Task item: Using the records below, repeat exactly the lines from the one holding "let started = record" through the one holding "scheduler_waits = drop", both ends included, and no others.
------------
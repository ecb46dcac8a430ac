-- ===== src/Engine/Pairing.antt =====
-- The boundaries of pipeline stages: how `ingest` pairs a begin with its end
-- (crates/protocol/src/lib.rs).
use android_ebpf_studio.Prelude.{
  ℕ, ◌-◌, Option, none, some, leb, saturating_add, if◌then◌else◌, nat_eq, pair_eq, list_eq,
}
use android_ebpf_studio.Prelude.Dict.{lookup, insert, remove, retain}
use android_ebpf_studio.Events.Pipeline.{
  layer_eq, PipelinePhase, PipelineObservation, begin, end, span,
}
use android_ebpf_studio.Correlator.{is_some}
use android_ebpf_studio.Stats.{bounded_push, max_analysis_samples}
use android_ebpf_studio.Engine.State.{AnalysisEngine, PairKey, window_30s, observe_ts}

-- `or`: the first that is present.
abbrev pub or_else {ℓ} : {A : Type ℓ} → Option A → Option A → Option A
or_else none b = b
or_else (some a) b = some a

abbrev key_with : PipelineObservation → Option ℕ → Option PairKey
key_with o none = none
key_with o (some id) = some ((o.layer, id), o.name)

-- `correlation_id.or(stage_key)` with the layer and the name.
abbrev pub pair_key : PipelineObservation → Option PairKey
pair_key o = key_with o (or_else o.correlation_id o.stage_key)

abbrev pub paired_span : PipelineObservation → PipelineObservation → PipelineObservation
paired_span begun ended = record {
  ts_ns = begun.ts_ns;
  operation = or_else begun.operation ended.operation;
  end_ts_ns = some ended.ts_ns;
  phase = span;
  layer = begun.layer;
  correlation_id = begun.correlation_id;
  stage_key = begun.stage_key;
  sector = or_else begun.sector ended.sector;
  bytes = or_else begun.bytes ended.bytes;
  opcode = or_else begun.opcode ended.opcode;
  status = or_else ended.status begun.status;
  pid = begun.pid;
  tid = begun.tid;
  name = begun.name;
  confidence = begun.confidence;
}

abbrev push_observation : AnalysisEngine → PipelineObservation → AnalysisEngine
push_observation e o = record e {
  pipeline_observations =
      bounded_push max_analysis_samples e.retain_all_evidence e.pipeline_observations o;
}

-- A second begin of a key that is open makes the key ambiguous; a begin of an ambiguous key is lost.
unfoldable pub begin_stage : AnalysisEngine → PairKey → PipelineObservation → AnalysisEngine
begin_stage e key o =
    if is_some (lookup key e.pending_pipeline)
    then record e {
      pending_pipeline = remove key e.pending_pipeline;
      ambiguous_pipeline = insert key o.ts_ns e.ambiguous_pipeline;
    }
    else if is_some (lookup key e.ambiguous_pipeline)
    then e
    else record e { pending_pipeline = insert key o e.pending_pipeline }

-- The span of the begin that was taken out, unless the end is before it.
unfoldable pub close_stage :
    AnalysisEngine → Option PipelineObservation → PipelineObservation → AnalysisEngine
close_stage e none o = e
close_stage e (some begun) o =
    if leb begun.ts_ns o.ts_ns then push_observation e (paired_span begun o) else e

-- `last_ts_ns.unwrap_or_default()`
abbrev pub newest_of : Option ℕ → ℕ
newest_of none = 0
newest_of (some ts) = ts

-- Entries that are more than 30 s behind the newest event go.
unfoldable pub expire_stages : AnalysisEngine → AnalysisEngine
expire_stages e =
    let newest = newest_of e.last_ts_ns in
    record e {
      pending_pipeline =
          retain (λ (v : PipelineObservation). leb (newest - v.ts_ns) window_30s)
            e.pending_pipeline;
      ambiguous_pipeline = retain (λ (ts : ℕ). leb (newest - ts) window_30s) e.ambiguous_pipeline;
    }

-- The end of an ambiguous key returns before the expiry.
unfoldable pub end_stage : AnalysisEngine → PairKey → PipelineObservation → AnalysisEngine
end_stage e key o =
    if is_some (lookup key e.ambiguous_pipeline)
    then record e {
      ambiguous_pipeline = remove key e.ambiguous_pipeline;
      pending_pipeline = remove key e.pending_pipeline;
    }
    else expire_stages (
        close_stage (record e { pending_pipeline = remove key e.pending_pipeline })
          (lookup key e.pending_pipeline) o)

-- The `match` on the phase and the key, and the expiry after it.
unfoldable pub stage :
    AnalysisEngine → PipelinePhase → Option PairKey → PipelineObservation → AnalysisEngine
stage e begin (some key) o = expire_stages (begin_stage e key o)
stage e end (some key) o = end_stage e key o
stage e _ _ o = expire_stages (push_observation e o)

abbrev pub observe_end : AnalysisEngine → Option ℕ → AnalysisEngine
observe_end e none = e
observe_end e (some end_ts_ns) = observe_ts e end_ts_ns

unfoldable pub ingest_pipeline : AnalysisEngine → PipelineObservation → AnalysisEngine
ingest_pipeline e o =
    let seen = observe_end (observe_ts e o.ts_ns) o.end_ts_ns in
    let counted = record seen {
      attribution_generation = saturating_add e.attribution_generation 1;
    } in
    stage counted o.phase (pair_key o) o
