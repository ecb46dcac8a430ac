-- ===== src/Events/Text.antt =====
-- The text literals of crates/protocol/src/lib.rs that the models read or write, as lists of their
-- code points.
use android_ebpf_studio.Prelude.{[], ◌∷◌}
use android_ebpf_studio.Events.Block.{Text}

-- "direct bio file origin"
abbrev pub direct_origin_name : Text
direct_origin_name =
    100 ∷ 105 ∷ 114 ∷ 101 ∷ 99 ∷ 116 ∷ 32 ∷ 98 ∷ 105 ∷ 111 ∷ 32 ∷ 102 ∷ 105 ∷ 108 ∷ 101 ∷ 32 ∷ 111
    ∷ 114 ∷ 105 ∷ 103 ∷ 105 ∷ 110 ∷ []

-- "filesystem extent file origin"
abbrev pub extent_origin_name : Text
extent_origin_name =
    102 ∷ 105 ∷ 108 ∷ 101 ∷ 115 ∷ 121 ∷ 115 ∷ 116 ∷ 101 ∷ 109 ∷ 32 ∷ 101 ∷ 120 ∷ 116 ∷ 101 ∷ 110
    ∷ 116 ∷ 32 ∷ 102 ∷ 105 ∷ 108 ∷ 101 ∷ 32 ∷ 111 ∷ 114 ∷ 105 ∷ 103 ∷ 105 ∷ 110 ∷ []

-- "f2fs_extent_block_overlap"
abbrev pub extent_match : Text
extent_match =
    102 ∷ 50 ∷ 102 ∷ 115 ∷ 95 ∷ 101 ∷ 120 ∷ 116 ∷ 101 ∷ 110 ∷ 116 ∷ 95 ∷ 98 ∷ 108 ∷ 111 ∷ 99 ∷ 107
    ∷ 95 ∷ 111 ∷ 118 ∷ 101 ∷ 114 ∷ 108 ∷ 97 ∷ 112 ∷ []

-- "direct_bio_request_incomplete"
abbrev pub incomplete_match : Text
incomplete_match =
    100 ∷ 105 ∷ 114 ∷ 101 ∷ 99 ∷ 116 ∷ 95 ∷ 98 ∷ 105 ∷ 111 ∷ 95 ∷ 114 ∷ 101 ∷ 113 ∷ 117 ∷ 101 ∷ 115
    ∷ 116 ∷ 95 ∷ 105 ∷ 110 ∷ 99 ∷ 111 ∷ 109 ∷ 112 ∷ 108 ∷ 101 ∷ 116 ∷ 101 ∷ []

-- "direct_bio_request"
abbrev pub direct_match : Text
direct_match =
    100 ∷ 105 ∷ 114 ∷ 101 ∷ 99 ∷ 116 ∷ 95 ∷ 98 ∷ 105 ∷ 111 ∷ 95 ∷ 114 ∷ 101 ∷ 113 ∷ 117 ∷ 101 ∷ 115
    ∷ 116 ∷ []

-- "inferred_path_snapshot"
abbrev pub inferred_match : Text
inferred_match =
    105 ∷ 110 ∷ 102 ∷ 101 ∷ 114 ∷ 114 ∷ 101 ∷ 100 ∷ 95 ∷ 112 ∷ 97 ∷ 116 ∷ 104 ∷ 95 ∷ 115 ∷ 110 ∷ 97
    ∷ 112 ∷ 115 ∷ 104 ∷ 111 ∷ 116 ∷ []

-- " fd "
abbrev pub fd_text : Text
fd_text = 32 ∷ 102 ∷ 100 ∷ 32 ∷ []

-- "Read"
abbrev pub read_text : Text
read_text = 82 ∷ 101 ∷ 97 ∷ 100 ∷ []

-- "Write"
abbrev pub write_text : Text
write_text = 87 ∷ 114 ∷ 105 ∷ 116 ∷ 101 ∷ []

-- "Flush"
abbrev pub flush_text : Text
flush_text = 70 ∷ 108 ∷ 117 ∷ 115 ∷ 104 ∷ []

-- "Discard"
abbrev pub discard_text : Text
discard_text = 68 ∷ 105 ∷ 115 ∷ 99 ∷ 97 ∷ 114 ∷ 100 ∷ []

-- "Other"
abbrev pub other_text : Text
other_text = 79 ∷ 116 ∷ 104 ∷ 101 ∷ 114 ∷ []

-- "measured span"
abbrev pub measured_span : Text
measured_span = 109 ∷ 101 ∷ 97 ∷ 115 ∷ 117 ∷ 114 ∷ 101 ∷ 100 ∷ 32 ∷ 115 ∷ 112 ∷ 97 ∷ 110 ∷ []

-- "paired boundary"
abbrev pub paired_boundary : Text
paired_boundary =
    112 ∷ 97 ∷ 105 ∷ 114 ∷ 101 ∷ 100 ∷ 32 ∷ 98 ∷ 111 ∷ 117 ∷ 110 ∷ 100 ∷ 97 ∷ 114 ∷ 121 ∷ []

-- "context marker"
abbrev pub context_marker : Text
context_marker = 99 ∷ 111 ∷ 110 ∷ 116 ∷ 101 ∷ 120 ∷ 116 ∷ 32 ∷ 109 ∷ 97 ∷ 114 ∷ 107 ∷ 101 ∷ 114 ∷ []

-- "block queue"
abbrev pub block_queue_text : Text
block_queue_text = 98 ∷ 108 ∷ 111 ∷ 99 ∷ 107 ∷ 32 ∷ 113 ∷ 117 ∷ 101 ∷ 117 ∷ 101 ∷ []

-- "block device"
abbrev pub block_device_text : Text
block_device_text = 98 ∷ 108 ∷ 111 ∷ 99 ∷ 107 ∷ 32 ∷ 100 ∷ 101 ∷ 118 ∷ 105 ∷ 99 ∷ 101 ∷ []

-- "block_rq_insert → block_rq_issue"
abbrev pub queue_source : Text
queue_source =
    98 ∷ 108 ∷ 111 ∷ 99 ∷ 107 ∷ 95 ∷ 114 ∷ 113 ∷ 95 ∷ 105 ∷ 110 ∷ 115 ∷ 101 ∷ 114 ∷ 116 ∷ 32 ∷ 8594
    ∷ 32 ∷ 98 ∷ 108 ∷ 111 ∷ 99 ∷ 107 ∷ 95 ∷ 114 ∷ 113 ∷ 95 ∷ 105 ∷ 115 ∷ 115 ∷ 117 ∷ 101 ∷ []

-- "block_rq_issue → block_rq_complete"
abbrev pub device_source : Text
device_source =
    98 ∷ 108 ∷ 111 ∷ 99 ∷ 107 ∷ 95 ∷ 114 ∷ 113 ∷ 95 ∷ 105 ∷ 115 ∷ 115 ∷ 117 ∷ 101 ∷ 32 ∷ 8594 ∷ 32
    ∷ 98 ∷ 108 ∷ 111 ∷ 99 ∷ 107 ∷ 95 ∷ 114 ∷ 113 ∷ 95 ∷ 99 ∷ 111 ∷ 109 ∷ 112 ∷ 108 ∷ 101 ∷ 116 ∷ 101
    ∷ []

-- " observation "
abbrev pub observation_text : Text
observation_text = 32 ∷ 111 ∷ 98 ∷ 115 ∷ 101 ∷ 114 ∷ 118 ∷ 97 ∷ 116 ∷ 105 ∷ 111 ∷ 110 ∷ 32 ∷ []

-- " · "
abbrev pub dot_text : Text
dot_text = 32 ∷ 183 ∷ 32 ∷ []

-- "Exact"
abbrev pub exact_text : Text
exact_text = 69 ∷ 120 ∷ 97 ∷ 99 ∷ 116 ∷ []

-- "Probable"
abbrev pub probable_text : Text
probable_text = 80 ∷ 114 ∷ 111 ∷ 98 ∷ 97 ∷ 98 ∷ 108 ∷ 101 ∷ []

-- "ContextOnly"
abbrev pub context_only_text : Text
context_only_text = 67 ∷ 111 ∷ 110 ∷ 116 ∷ 101 ∷ 120 ∷ 116 ∷ 79 ∷ 110 ∷ 108 ∷ 121 ∷ []

-- "block request "
abbrev pub block_request_text : Text
block_request_text =
    98 ∷ 108 ∷ 111 ∷ 99 ∷ 107 ∷ 32 ∷ 114 ∷ 101 ∷ 113 ∷ 117 ∷ 101 ∷ 115 ∷ 116 ∷ 32 ∷ []

-- " (deleted)"
abbrev pub deleted_suffix : Text
deleted_suffix = 32 ∷ 40 ∷ 100 ∷ 101 ∷ 108 ∷ 101 ∷ 116 ∷ 101 ∷ 100 ∷ 41 ∷ []

-- "fd "
abbrev pub plain_fd_text : Text
plain_fd_text = 102 ∷ 100 ∷ 32 ∷ []

-- "unique_time_task_operation"
abbrev pub unique_match : Text
unique_match =
    117 ∷ 110 ∷ 105 ∷ 113 ∷ 117 ∷ 101 ∷ 95 ∷ 116 ∷ 105 ∷ 109 ∷ 101 ∷ 95 ∷ 116 ∷ 97 ∷ 115 ∷ 107 ∷ 95
    ∷ 111 ∷ 112 ∷ 101 ∷ 114 ∷ 97 ∷ 116 ∷ 105 ∷ 111 ∷ 110 ∷ []

-- "FileOperation"
abbrev pub file_operation_text : Text
file_operation_text = 70 ∷ 105 ∷ 108 ∷ 101 ∷ 79 ∷ 112 ∷ 101 ∷ 114 ∷ 97 ∷ 116 ∷ 105 ∷ 111 ∷ 110 ∷ []

-- "Syscall"
abbrev pub syscall_text : Text
syscall_text = 83 ∷ 121 ∷ 115 ∷ 99 ∷ 97 ∷ 108 ∷ 108 ∷ []

-- "Vfs"
abbrev pub vfs_text : Text
vfs_text = 86 ∷ 102 ∷ 115 ∷ []

-- "Filesystem"
abbrev pub filesystem_text : Text
filesystem_text = 70 ∷ 105 ∷ 108 ∷ 101 ∷ 115 ∷ 121 ∷ 115 ∷ 116 ∷ 101 ∷ 109 ∷ []

-- "PageCache"
abbrev pub page_cache_text : Text
page_cache_text = 80 ∷ 97 ∷ 103 ∷ 101 ∷ 67 ∷ 97 ∷ 99 ∷ 104 ∷ 101 ∷ []

-- "Writeback"
abbrev pub writeback_text : Text
writeback_text = 87 ∷ 114 ∷ 105 ∷ 116 ∷ 101 ∷ 98 ∷ 97 ∷ 99 ∷ 107 ∷ []

-- "Bio"
abbrev pub bio_text : Text
bio_text = 66 ∷ 105 ∷ 111 ∷ []

-- "BlockQueue"
abbrev pub block_queue_kind_text : Text
block_queue_kind_text = 66 ∷ 108 ∷ 111 ∷ 99 ∷ 107 ∷ 81 ∷ 117 ∷ 101 ∷ 117 ∷ 101 ∷ []

-- "BlockRequest"
abbrev pub block_request_kind_text : Text
block_request_kind_text = 66 ∷ 108 ∷ 111 ∷ 99 ∷ 107 ∷ 82 ∷ 101 ∷ 113 ∷ 117 ∷ 101 ∷ 115 ∷ 116 ∷ []

-- "ScsiCommand"
abbrev pub scsi_command_text : Text
scsi_command_text = 83 ∷ 99 ∷ 115 ∷ 105 ∷ 67 ∷ 111 ∷ 109 ∷ 109 ∷ 97 ∷ 110 ∷ 100 ∷ []

-- "UfsCommand"
abbrev pub ufs_command_text : Text
ufs_command_text = 85 ∷ 102 ∷ 115 ∷ 67 ∷ 111 ∷ 109 ∷ 109 ∷ 97 ∷ 110 ∷ 100 ∷ []

-- "SchedulerContext"
abbrev pub scheduler_context_text : Text
scheduler_context_text =
    83 ∷ 99 ∷ 104 ∷ 101 ∷ 100 ∷ 117 ∷ 108 ∷ 101 ∷ 114 ∷ 67 ∷ 111 ∷ 110 ∷ 116 ∷ 101 ∷ 120 ∷ 116 ∷ []

-- "UicContext"
abbrev pub uic_context_text : Text
uic_context_text = 85 ∷ 105 ∷ 99 ∷ 67 ∷ 111 ∷ 110 ∷ 116 ∷ 101 ∷ 120 ∷ 116 ∷ []
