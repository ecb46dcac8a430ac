-- ===== src/Events/Names.antt =====
-- Names and synthetic ids of nodes and edges (crates/protocol/src/lib.rs).
use android_ebpf_studio.Prelude.{
  ℕ, zero, suc, ◌+◌, ◌-◌, ◌*◌, ◌/◌, ◌%◌, ◌^◌, ℤ, pos, negsuc, [], ◌∷◌, ◌++◌, ltb, if◌then◌else◌,
  u64_size,
}
use Prim.Native.Nat.{bit_xor}
use android_ebpf_studio.Events.Block.{Text, IoOperation}
use android_ebpf_studio.Events.Text.{
  fd_text, read_text, write_text, flush_text, discard_text, other_text, file_operation_text,
  syscall_text, vfs_text, filesystem_text, page_cache_text, writeback_text, bio_text,
  block_queue_kind_text, block_request_kind_text, scsi_command_text, ufs_command_text,
  scheduler_context_text, uic_context_text,
}
use android_ebpf_studio.Events.Node.{IoNodeKind}

-- `{:?}` of an operation.
abbrev debug_operation : IoOperation → Text
debug_operation IoOperation.read = read_text
debug_operation IoOperation.write = write_text
debug_operation IoOperation.flush = flush_text
debug_operation IoOperation.discard = discard_text
debug_operation IoOperation.other = other_text

-- The decimal digits of a number in front of `rest`; a number has at most as many digits as the fuel
-- that `decimal` gives.
digits_before : ℕ → ℕ → Text → Text
digits_before zero n rest = rest
digits_before (suc fuel) n rest =
    let digit = n % 10 + 48 in
    let more = digits_before fuel (n / 10) (digit ∷ rest) in if ltb n 10 then digit ∷ rest else more

pub decimal : ℕ → Text
unfolding digits_before
decimal n = digits_before (suc n) n []

abbrev pub decimal_signed : ℤ → Text
decimal_signed (pos n) = decimal n
decimal_signed (negsuc n) = 45 ∷ decimal (suc n)

-- `format!("{:?} fd {}", operation, fd)`
pub file_name : IoOperation → ℤ → Text
unfolding decimal
file_name operation fd = debug_operation operation ++ (fd_text ++ decimal_signed fd)

-- `rotate_left` of a `u64`, by less than 64.
abbrev rotate_left : ℕ → ℕ → ℕ
rotate_left n bits = n * 2 ^ bits % u64_size + n / 2 ^ (64 - bits)

pub synthetic_node_id : ℕ → ℕ → ℕ
synthetic_node_id tag request_id =
    bit_xor (bit_xor (rotate_left request_id 17) (tag * 2 ^ 56)) 0x9e3779b97f4a7c15

pub block_request_node_id : ℕ → ℕ
unfolding synthetic_node_id
block_request_node_id request_id = synthetic_node_id 9 request_id

pub request_origin_node_id : ℕ → ℕ → ℕ
unfolding synthetic_node_id
request_origin_node_id request_id origin_id =
    synthetic_node_id 10 (bit_xor request_id (rotate_left origin_id 7))

pub request_origin_edge_id : ℕ → ℕ → ℕ
unfolding synthetic_node_id
request_origin_edge_id request_id origin_id =
    synthetic_node_id 20 (bit_xor request_id (rotate_left origin_id 13))

-- `{:?}` of a kind of node.
abbrev pub debug_kind : IoNodeKind → Text
debug_kind IoNodeKind.file_operation = file_operation_text
debug_kind IoNodeKind.syscall = syscall_text
debug_kind IoNodeKind.vfs = vfs_text
debug_kind IoNodeKind.filesystem = filesystem_text
debug_kind IoNodeKind.page_cache = page_cache_text
debug_kind IoNodeKind.writeback = writeback_text
debug_kind IoNodeKind.bio = bio_text
debug_kind IoNodeKind.block_queue = block_queue_kind_text
debug_kind IoNodeKind.block_request = block_request_kind_text
debug_kind IoNodeKind.scsi_command = scsi_command_text
debug_kind IoNodeKind.ufs_command = ufs_command_text
debug_kind IoNodeKind.scheduler_context = scheduler_context_text
debug_kind IoNodeKind.uic_context = uic_context_text
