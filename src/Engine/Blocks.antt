-- ===== src/Engine/Blocks.antt =====
-- `AnalysisEngine::ingest`: the handlers of scheduler waits, block events and completions that are
-- observed as such (crates/protocol/src/lib.rs).
use android_ebpf_studio.Prelude.{
  ℕ, ◌+◌, ◌-◌, ◌/◌, ◌&&◌, Bool, true, false, not, Option, none, some, List, [], ◌∷◌, ◌++◌, leb, eqb,
  if◌then◌else◌, length, take, drop, max, saturating_add, nat_eq, pair_eq, list_eq,
}
use android_ebpf_studio.Prelude.Dict.{lookup, insert, remove}
use android_ebpf_studio.Events.Block.{
  BlockInsert, BlockIssue, BlockComplete, SchedulerIoWait, AccessPattern, IoSizeClass,
  classify_size,
}
use android_ebpf_studio.Events.Node.{confidence_eq}
use android_ebpf_studio.Events.Pipeline.{layer_eq}
use android_ebpf_studio.Events.Completed.{CompletedIo, completion_timestamp, issue_timestamp}
use android_ebpf_studio.Correlator.{on_insert, on_issue_classified, on_complete, is_some}
use android_ebpf_studio.Classifier.{classify}
use android_ebpf_studio.Stats.{bounded_push, max_analysis_samples}
use android_ebpf_studio.Engine.Records.{AnalysisSummary}
use android_ebpf_studio.Engine.State.{
  AnalysisEngine, CacheKey, request_cache_key, window_30s, min_with, observe_ts,
  observe_request_time, max_depth, bucket_depth, record_completed,
}

-- `is_none_or(|(a, b)| ts >= a && ts <= b)`
abbrev pub in_window : Option (ℕ × ℕ) → ℕ → Bool
in_window none ts = true
in_window (some (start, end)) ts = leb start ts && leb ts end

unfoldable pub ingest_wait : AnalysisEngine → SchedulerIoWait → AnalysisEngine
ingest_wait e wait =
    let started = record e {
      scheduler_start_ns = some (min_with e.scheduler_start_ns wait.ts_ns);
    } in
    if in_window e.completion_window wait.ts_ns
    then if leb max_analysis_samples (length e.scheduler_waits)
      then record started {
        scheduler_waits = drop (max_analysis_samples / 10) e.scheduler_waits ++ wait ∷ [];
        scheduler_waits_dropped = e.scheduler_waits_dropped + max_analysis_samples / 10;
      }
      else record started { scheduler_waits = e.scheduler_waits ++ wait ∷ [] }
    else started

unfoldable pub ingest_insert : AnalysisEngine → BlockInsert → AnalysisEngine
ingest_insert e v =
    let seen = observe_ts e v.ts_ns in record seen { correlator = on_insert e.correlator v }

abbrev pub count_pattern : AnalysisSummary → AccessPattern → AnalysisSummary
count_pattern s AccessPattern.sequential = record s { sequential_ios = s.sequential_ios + 1 }
count_pattern s AccessPattern.random = record s { random_ios = s.random_ios + 1 }
count_pattern s AccessPattern.unknown = s

abbrev pub count_size : AnalysisSummary → IoSizeClass → AnalysisSummary
count_size s IoSizeClass.small = record s { small_ios = s.small_ios + 1 }
count_size s IoSizeClass.large = record s { large_ios = s.large_ios + 1 }

unfoldable pub ingest_issue : AnalysisEngine → BlockIssue → AnalysisEngine
ingest_issue e issue =
    let seen = observe_ts e issue.ts_ns in
    let (streams, pattern) = classify e.classifier issue in
    let issued = record e.summary { issued_ios = e.summary.issued_ios + 1 } in
    let counted = count_size (count_pattern issued pattern) (classify_size issue.bytes) in
    let (correlator, depth) = on_issue_classified e.correlator issue pattern in
    record seen {
      slow_reason_cache = remove issue.request_id e.slow_reason_cache;
      classifier = streams;
      correlator = correlator;
      summary = record counted { max_queue_depth = max_depth counted.max_queue_depth depth };
      buckets = bucket_depth issue.ts_ns depth e.buckets;
    }

-- The windows of the requests that are evicted go with them.
pub forget_windows : List CompletedIo → List (CacheKey × (ℕ × ℕ)) → List (CacheKey × (ℕ × ℕ))
forget_windows [] windows = windows
forget_windows (io ∷ ios) windows = forget_windows ios (remove (request_cache_key io) windows)

-- The first instant of evidence for a request: 30 s before its start, and after the completion
-- before it of the same id.
abbrev pub evidence_low : CompletedIo → Option ℕ → ℕ
evidence_low io previous = after (start io.insert - window_30s) previous
  where
    start : Option BlockInsert → ℕ
    start none = io.issue.ts_ns
    start (some v) = v.ts_ns

    after : ℕ → Option ℕ → ℕ
    after earliest none = earliest
    after earliest (some ts) = max earliest (saturating_add ts 1)

-- A request that the correlator completed, within the completion window.
unfoldable pub keep_completed : AnalysisEngine → CompletedIo → ℕ → AnalysisEngine
keep_completed e io low =
    let recorded = record_completed e io in
    let windows =
      insert (request_cache_key io) (low, io.completion.ts_ns) recorded.evidence_windows in
    if not e.retain_all_evidence && eqb (length e.completed) max_analysis_samples
    then record recorded {
      evidence_windows = forget_windows (take (max_analysis_samples / 10) e.completed) windows;
      completed = drop (max_analysis_samples / 10) e.completed ++ io ∷ [];
    }
    else record recorded { evidence_windows = windows; completed = e.completed ++ io ∷ [] }

-- From the answer of the correlator on.
unfoldable pub finish_complete : AnalysisEngine → Option CompletedIo → AnalysisEngine
finish_complete e none = record e {
  summary = record e.summary { uncorrelated_completions = e.summary.uncorrelated_completions + 1 };
}
finish_complete e (some io) =
    let previous = lookup io.issue.request_id e.last_request_completion in
    let noted = record e {
      last_request_completion =
          insert io.issue.request_id io.completion.ts_ns e.last_request_completion;
    } in
    if in_window e.completion_window io.completion.ts_ns
    then keep_completed noted io (evidence_low io previous)
    else noted

unfoldable pub ingest_complete :
    AnalysisEngine → BlockComplete → AnalysisEngine × Option CompletedIo
ingest_complete e v =
    let seen = observe_ts e v.ts_ns in
    let (correlator, answer) = on_complete e.correlator v in
    (finish_complete (record seen { correlator = correlator }) answer, answer)

-- `completion_window.is_some_and(..)` is false, so that the request is recorded.
abbrev pub placed_in_window : Option (ℕ × ℕ) → Option ℕ → Bool
placed_in_window none ts = true
placed_in_window (some w) none = false
placed_in_window (some w) (some ts) = in_window (some w) ts

-- The counts of a request that is not correlated here: `u64::from(issue_timestamp().is_some())`.
abbrev pub count_observed : AnalysisSummary → CompletedIo → AnalysisSummary
count_observed s io =
    let issued = record s {
      issued_ios = s.issued_ios + (if is_some (issue_timestamp io) then 1 else 0);
    } in
    count_size (count_pattern issued io.access_pattern) io.size_class

unfoldable pub ingest_observed : AnalysisEngine → CompletedIo → AnalysisEngine × Option CompletedIo
ingest_observed e io =
    let seen = observe_request_time e io in
    let counted = record seen { summary = count_observed seen.summary io } in
    if placed_in_window e.completion_window (completion_timestamp io)
    then (
      record (record_completed counted io) {
        completed = bounded_push max_analysis_samples e.retain_all_evidence e.completed io;
      },
      some io,
    )
    else (counted, some io)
------------
Solution for this exercise:
    let started = record e {
      scheduler_start_ns = some (min_with e.scheduler_start_ns wait.ts_ns);
    } in
    if in_window e.completion_window wait.ts_ns
    then if leb max_analysis_samples (length e.scheduler_waits)
      then record started {
        scheduler_waits = drop (max_analysis_samples / 10) e.scheduler_waits ++ wait ∷ [];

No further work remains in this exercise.